### [Work to complete]
Return the run of lines below that opens with the line containing "abbrev Filed : PostgresReplay" and closes with the line containing "(λ name. 0)", keeping each one exact.

┌─ Data

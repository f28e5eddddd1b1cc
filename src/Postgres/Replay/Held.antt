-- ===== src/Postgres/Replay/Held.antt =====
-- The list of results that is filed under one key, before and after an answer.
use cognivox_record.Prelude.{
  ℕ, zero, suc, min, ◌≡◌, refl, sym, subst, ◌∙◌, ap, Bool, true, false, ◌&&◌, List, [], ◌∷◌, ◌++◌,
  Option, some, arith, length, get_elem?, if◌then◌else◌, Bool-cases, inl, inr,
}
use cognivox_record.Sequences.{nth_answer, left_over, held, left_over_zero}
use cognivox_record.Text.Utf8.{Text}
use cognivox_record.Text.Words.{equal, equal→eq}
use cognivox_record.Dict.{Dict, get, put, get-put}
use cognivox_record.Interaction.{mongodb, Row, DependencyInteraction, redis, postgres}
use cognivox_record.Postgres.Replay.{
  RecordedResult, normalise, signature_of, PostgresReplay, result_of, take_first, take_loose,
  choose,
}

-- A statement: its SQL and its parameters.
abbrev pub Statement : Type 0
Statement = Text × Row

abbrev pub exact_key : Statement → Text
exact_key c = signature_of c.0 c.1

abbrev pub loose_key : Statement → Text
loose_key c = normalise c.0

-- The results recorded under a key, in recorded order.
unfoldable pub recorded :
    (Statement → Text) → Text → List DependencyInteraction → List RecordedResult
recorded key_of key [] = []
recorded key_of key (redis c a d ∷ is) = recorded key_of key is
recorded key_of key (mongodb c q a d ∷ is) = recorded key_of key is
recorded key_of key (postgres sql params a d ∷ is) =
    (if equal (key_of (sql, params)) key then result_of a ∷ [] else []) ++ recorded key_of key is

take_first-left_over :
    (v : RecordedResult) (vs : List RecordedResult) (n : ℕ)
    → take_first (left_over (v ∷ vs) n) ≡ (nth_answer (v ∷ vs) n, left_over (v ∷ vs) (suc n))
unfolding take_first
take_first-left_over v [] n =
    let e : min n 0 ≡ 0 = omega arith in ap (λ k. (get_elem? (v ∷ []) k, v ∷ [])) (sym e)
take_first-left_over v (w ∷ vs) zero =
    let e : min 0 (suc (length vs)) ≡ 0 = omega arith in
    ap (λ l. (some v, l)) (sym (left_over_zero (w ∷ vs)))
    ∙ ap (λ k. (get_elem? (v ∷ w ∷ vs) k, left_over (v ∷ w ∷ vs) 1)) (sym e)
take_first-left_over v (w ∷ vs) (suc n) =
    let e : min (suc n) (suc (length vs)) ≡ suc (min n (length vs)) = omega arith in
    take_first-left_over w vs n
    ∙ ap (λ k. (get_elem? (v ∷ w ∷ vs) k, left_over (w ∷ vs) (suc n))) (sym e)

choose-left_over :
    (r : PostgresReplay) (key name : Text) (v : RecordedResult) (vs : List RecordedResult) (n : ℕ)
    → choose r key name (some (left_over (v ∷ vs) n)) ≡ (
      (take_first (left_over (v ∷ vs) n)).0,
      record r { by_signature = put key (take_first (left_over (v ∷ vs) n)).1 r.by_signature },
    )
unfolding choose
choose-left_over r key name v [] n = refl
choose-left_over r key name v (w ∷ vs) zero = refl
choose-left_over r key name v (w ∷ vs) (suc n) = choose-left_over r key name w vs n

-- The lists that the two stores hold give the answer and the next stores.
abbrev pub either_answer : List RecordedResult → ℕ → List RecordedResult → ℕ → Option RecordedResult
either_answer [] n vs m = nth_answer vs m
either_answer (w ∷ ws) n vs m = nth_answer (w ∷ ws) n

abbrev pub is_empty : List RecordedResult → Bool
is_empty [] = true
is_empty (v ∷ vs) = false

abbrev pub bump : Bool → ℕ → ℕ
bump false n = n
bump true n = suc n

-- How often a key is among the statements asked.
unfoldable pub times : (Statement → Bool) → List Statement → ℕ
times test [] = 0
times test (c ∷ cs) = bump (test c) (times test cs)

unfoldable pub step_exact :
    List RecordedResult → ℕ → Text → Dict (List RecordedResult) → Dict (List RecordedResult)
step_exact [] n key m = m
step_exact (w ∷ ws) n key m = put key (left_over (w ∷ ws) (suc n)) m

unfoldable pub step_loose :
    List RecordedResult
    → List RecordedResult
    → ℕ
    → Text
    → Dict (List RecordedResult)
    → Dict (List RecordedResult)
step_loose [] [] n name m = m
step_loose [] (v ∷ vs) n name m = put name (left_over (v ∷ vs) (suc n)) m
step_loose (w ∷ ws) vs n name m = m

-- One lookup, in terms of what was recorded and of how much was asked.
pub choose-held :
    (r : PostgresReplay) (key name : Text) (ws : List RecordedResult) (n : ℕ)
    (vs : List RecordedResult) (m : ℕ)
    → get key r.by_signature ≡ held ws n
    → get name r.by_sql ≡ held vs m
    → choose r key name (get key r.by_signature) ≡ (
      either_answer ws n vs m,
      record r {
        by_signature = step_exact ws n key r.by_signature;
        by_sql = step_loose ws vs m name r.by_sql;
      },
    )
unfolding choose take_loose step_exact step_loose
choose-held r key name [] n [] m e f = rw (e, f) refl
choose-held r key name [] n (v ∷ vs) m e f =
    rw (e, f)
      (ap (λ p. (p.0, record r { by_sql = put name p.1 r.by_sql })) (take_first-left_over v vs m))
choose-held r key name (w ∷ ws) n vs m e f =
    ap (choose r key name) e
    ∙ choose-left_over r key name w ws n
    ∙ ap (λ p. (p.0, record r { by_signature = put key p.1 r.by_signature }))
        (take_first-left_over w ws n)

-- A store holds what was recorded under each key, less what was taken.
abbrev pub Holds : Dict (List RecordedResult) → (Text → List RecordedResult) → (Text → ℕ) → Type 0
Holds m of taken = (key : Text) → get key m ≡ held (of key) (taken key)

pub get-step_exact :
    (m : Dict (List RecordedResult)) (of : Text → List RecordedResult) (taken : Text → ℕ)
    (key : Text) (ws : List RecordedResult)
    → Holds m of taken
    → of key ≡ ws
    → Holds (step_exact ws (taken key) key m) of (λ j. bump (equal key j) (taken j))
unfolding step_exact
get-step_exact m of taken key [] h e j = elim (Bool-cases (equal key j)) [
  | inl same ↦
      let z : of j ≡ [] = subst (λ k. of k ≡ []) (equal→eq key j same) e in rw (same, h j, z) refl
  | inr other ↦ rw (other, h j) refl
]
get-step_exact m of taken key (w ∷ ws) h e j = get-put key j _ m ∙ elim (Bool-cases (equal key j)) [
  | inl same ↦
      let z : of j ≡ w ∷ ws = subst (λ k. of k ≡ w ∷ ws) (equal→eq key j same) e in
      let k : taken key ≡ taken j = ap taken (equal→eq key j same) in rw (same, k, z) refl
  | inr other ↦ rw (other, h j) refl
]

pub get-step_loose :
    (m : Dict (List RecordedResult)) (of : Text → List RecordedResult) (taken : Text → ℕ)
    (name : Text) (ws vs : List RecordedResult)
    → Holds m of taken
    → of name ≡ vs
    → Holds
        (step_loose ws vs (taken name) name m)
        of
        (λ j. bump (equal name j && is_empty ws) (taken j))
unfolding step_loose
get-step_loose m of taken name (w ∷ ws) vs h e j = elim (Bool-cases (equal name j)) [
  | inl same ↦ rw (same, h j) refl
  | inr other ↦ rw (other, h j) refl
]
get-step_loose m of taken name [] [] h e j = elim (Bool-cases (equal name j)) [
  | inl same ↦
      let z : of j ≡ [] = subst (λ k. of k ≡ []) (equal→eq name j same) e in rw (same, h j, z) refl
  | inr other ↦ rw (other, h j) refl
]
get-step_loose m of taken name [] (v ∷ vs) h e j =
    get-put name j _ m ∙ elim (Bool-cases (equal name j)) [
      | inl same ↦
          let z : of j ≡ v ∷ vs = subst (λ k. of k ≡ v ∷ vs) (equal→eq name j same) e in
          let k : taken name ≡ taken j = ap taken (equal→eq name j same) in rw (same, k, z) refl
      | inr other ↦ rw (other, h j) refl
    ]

└─
┌─ Data

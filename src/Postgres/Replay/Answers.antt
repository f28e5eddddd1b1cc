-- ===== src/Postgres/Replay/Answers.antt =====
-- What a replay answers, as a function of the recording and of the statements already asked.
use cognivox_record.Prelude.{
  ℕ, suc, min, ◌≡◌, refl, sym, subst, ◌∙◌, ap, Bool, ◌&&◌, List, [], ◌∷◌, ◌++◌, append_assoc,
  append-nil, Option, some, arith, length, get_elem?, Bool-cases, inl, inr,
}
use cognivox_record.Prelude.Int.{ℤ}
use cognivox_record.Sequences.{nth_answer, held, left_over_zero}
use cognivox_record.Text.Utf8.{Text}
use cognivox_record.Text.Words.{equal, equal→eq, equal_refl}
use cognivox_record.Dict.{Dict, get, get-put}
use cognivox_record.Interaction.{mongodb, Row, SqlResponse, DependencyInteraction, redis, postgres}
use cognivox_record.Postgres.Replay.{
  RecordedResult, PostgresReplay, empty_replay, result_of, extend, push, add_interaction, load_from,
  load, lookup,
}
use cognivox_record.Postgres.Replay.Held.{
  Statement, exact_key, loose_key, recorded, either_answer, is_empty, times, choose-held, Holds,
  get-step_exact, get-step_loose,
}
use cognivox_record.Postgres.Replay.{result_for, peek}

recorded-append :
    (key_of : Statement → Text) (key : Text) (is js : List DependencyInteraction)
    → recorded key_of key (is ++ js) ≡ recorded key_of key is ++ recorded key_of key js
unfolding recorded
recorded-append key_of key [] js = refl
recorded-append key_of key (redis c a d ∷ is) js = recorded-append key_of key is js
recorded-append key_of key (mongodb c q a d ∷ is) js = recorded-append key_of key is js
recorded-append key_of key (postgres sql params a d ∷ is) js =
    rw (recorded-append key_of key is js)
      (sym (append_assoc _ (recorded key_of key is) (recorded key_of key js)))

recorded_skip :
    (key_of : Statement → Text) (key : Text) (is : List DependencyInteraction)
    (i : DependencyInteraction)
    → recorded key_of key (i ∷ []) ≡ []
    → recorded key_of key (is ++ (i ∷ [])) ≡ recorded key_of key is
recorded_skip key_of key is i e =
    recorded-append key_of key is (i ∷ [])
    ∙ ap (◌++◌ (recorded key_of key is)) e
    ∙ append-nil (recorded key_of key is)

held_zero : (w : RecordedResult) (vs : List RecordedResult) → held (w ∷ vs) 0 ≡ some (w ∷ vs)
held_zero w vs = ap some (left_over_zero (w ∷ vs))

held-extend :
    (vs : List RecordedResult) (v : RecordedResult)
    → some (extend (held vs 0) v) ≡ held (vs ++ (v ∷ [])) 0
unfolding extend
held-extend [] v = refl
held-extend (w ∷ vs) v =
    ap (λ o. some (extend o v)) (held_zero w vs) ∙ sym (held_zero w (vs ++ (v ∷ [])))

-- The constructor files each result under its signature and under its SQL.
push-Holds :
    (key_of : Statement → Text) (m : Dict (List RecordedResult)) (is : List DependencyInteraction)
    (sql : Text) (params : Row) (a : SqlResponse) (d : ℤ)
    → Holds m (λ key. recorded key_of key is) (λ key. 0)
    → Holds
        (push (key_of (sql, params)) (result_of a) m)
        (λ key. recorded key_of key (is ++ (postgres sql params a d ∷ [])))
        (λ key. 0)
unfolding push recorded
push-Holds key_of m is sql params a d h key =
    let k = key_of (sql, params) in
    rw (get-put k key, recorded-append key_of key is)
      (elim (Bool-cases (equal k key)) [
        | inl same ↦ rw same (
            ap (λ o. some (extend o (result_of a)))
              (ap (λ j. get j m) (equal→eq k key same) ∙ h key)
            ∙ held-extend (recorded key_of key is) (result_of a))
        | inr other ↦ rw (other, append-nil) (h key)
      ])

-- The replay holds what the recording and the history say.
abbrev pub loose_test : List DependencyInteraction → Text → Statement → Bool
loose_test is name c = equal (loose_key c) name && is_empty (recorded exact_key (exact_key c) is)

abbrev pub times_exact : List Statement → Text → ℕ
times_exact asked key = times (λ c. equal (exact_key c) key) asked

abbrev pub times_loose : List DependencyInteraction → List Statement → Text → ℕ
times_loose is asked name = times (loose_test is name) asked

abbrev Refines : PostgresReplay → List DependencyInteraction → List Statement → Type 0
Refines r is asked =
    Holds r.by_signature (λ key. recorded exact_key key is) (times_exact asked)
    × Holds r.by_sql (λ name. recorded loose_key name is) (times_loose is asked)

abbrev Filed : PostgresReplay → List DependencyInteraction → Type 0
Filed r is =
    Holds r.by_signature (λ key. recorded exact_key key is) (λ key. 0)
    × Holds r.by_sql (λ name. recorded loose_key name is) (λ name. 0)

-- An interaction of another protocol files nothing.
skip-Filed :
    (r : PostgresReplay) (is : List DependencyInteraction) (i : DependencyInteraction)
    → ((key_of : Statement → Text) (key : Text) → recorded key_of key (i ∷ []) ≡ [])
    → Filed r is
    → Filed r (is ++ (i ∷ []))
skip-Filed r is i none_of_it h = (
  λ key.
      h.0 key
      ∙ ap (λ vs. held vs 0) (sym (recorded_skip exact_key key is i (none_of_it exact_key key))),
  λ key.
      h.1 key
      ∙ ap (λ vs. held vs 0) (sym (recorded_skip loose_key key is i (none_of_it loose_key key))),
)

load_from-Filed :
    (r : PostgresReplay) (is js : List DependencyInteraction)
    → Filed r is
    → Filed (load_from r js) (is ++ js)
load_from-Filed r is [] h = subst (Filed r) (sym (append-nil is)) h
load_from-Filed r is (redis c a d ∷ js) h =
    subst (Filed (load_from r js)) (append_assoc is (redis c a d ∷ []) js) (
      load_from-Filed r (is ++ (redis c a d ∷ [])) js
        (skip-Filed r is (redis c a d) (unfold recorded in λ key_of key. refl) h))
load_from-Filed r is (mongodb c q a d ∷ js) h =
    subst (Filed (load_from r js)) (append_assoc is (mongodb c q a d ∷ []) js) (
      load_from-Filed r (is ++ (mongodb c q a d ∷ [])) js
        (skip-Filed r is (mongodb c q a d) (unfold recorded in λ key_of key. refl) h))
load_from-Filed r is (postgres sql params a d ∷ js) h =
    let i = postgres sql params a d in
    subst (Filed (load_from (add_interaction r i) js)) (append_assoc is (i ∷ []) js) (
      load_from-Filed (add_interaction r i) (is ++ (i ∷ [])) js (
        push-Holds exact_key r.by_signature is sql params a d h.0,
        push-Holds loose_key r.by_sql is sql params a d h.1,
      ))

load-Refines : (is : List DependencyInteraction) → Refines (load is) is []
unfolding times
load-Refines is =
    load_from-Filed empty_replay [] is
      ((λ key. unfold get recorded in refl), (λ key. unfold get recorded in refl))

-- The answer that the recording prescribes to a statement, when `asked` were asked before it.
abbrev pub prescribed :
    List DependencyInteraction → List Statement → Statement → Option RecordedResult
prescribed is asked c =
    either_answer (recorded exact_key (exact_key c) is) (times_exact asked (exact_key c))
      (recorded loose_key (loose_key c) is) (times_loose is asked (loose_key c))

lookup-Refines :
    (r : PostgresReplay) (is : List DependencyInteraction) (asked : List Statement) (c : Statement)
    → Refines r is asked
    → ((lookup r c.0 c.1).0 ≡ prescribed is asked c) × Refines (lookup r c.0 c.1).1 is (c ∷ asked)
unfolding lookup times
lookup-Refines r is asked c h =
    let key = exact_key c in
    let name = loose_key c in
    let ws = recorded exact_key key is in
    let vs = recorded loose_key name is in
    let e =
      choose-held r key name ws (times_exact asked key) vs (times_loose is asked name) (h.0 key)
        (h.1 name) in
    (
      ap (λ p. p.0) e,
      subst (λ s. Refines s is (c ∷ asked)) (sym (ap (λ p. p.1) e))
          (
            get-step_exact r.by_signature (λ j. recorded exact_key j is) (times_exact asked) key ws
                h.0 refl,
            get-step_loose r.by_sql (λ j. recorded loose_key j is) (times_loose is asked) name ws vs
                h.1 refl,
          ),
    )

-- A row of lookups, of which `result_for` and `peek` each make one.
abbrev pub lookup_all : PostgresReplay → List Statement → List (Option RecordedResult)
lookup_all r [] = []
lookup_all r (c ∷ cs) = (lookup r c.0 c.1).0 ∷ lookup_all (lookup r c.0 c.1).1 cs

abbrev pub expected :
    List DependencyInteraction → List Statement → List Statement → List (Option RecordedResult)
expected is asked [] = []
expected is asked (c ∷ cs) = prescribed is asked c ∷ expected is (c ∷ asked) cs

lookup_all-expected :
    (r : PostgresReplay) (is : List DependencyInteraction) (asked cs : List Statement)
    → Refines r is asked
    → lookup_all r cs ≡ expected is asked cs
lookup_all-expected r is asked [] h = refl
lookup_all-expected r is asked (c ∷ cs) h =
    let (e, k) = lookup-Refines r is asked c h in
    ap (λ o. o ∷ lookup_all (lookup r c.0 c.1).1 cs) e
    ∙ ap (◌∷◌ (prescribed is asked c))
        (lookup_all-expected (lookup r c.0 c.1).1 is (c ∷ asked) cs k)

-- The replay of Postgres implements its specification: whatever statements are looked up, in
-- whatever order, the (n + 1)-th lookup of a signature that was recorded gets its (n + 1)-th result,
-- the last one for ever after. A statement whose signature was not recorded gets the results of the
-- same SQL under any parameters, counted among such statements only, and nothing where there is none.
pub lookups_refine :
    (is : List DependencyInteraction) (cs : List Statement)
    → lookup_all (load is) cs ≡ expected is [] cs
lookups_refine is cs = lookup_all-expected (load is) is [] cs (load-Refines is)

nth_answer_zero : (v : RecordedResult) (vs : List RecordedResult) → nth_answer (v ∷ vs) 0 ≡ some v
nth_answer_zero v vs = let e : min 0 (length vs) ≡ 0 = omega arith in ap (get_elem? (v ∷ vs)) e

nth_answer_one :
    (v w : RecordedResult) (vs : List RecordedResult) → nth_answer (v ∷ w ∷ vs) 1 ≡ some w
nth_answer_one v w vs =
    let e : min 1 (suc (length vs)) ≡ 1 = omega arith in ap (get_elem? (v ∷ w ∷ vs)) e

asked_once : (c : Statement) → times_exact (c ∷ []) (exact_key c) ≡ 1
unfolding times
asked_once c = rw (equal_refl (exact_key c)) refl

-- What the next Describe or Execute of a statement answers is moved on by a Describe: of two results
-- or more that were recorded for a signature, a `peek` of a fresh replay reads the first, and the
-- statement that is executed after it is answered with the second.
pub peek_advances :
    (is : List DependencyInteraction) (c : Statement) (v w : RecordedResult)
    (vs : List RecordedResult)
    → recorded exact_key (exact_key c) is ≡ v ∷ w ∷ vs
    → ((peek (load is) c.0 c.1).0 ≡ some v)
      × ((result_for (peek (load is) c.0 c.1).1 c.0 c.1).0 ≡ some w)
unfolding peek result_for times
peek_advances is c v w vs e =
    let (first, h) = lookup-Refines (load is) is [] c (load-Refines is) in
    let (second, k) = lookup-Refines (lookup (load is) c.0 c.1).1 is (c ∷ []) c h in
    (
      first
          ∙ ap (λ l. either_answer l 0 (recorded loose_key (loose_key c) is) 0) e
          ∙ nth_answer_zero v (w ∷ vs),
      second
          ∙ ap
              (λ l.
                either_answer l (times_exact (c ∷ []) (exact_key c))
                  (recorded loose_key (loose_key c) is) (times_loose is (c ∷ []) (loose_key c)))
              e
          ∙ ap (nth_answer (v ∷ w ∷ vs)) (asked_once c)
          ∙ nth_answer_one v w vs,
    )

└─

### [Task output]
abbrev Filed : PostgresReplay → List DependencyInteraction → Type 0
Filed r is =
    Holds r.by_signature (λ key. recorded exact_key key is) (λ key. 0)
    × Holds r.by_sql (λ name. recorded loose_key name is) (λ name. 0)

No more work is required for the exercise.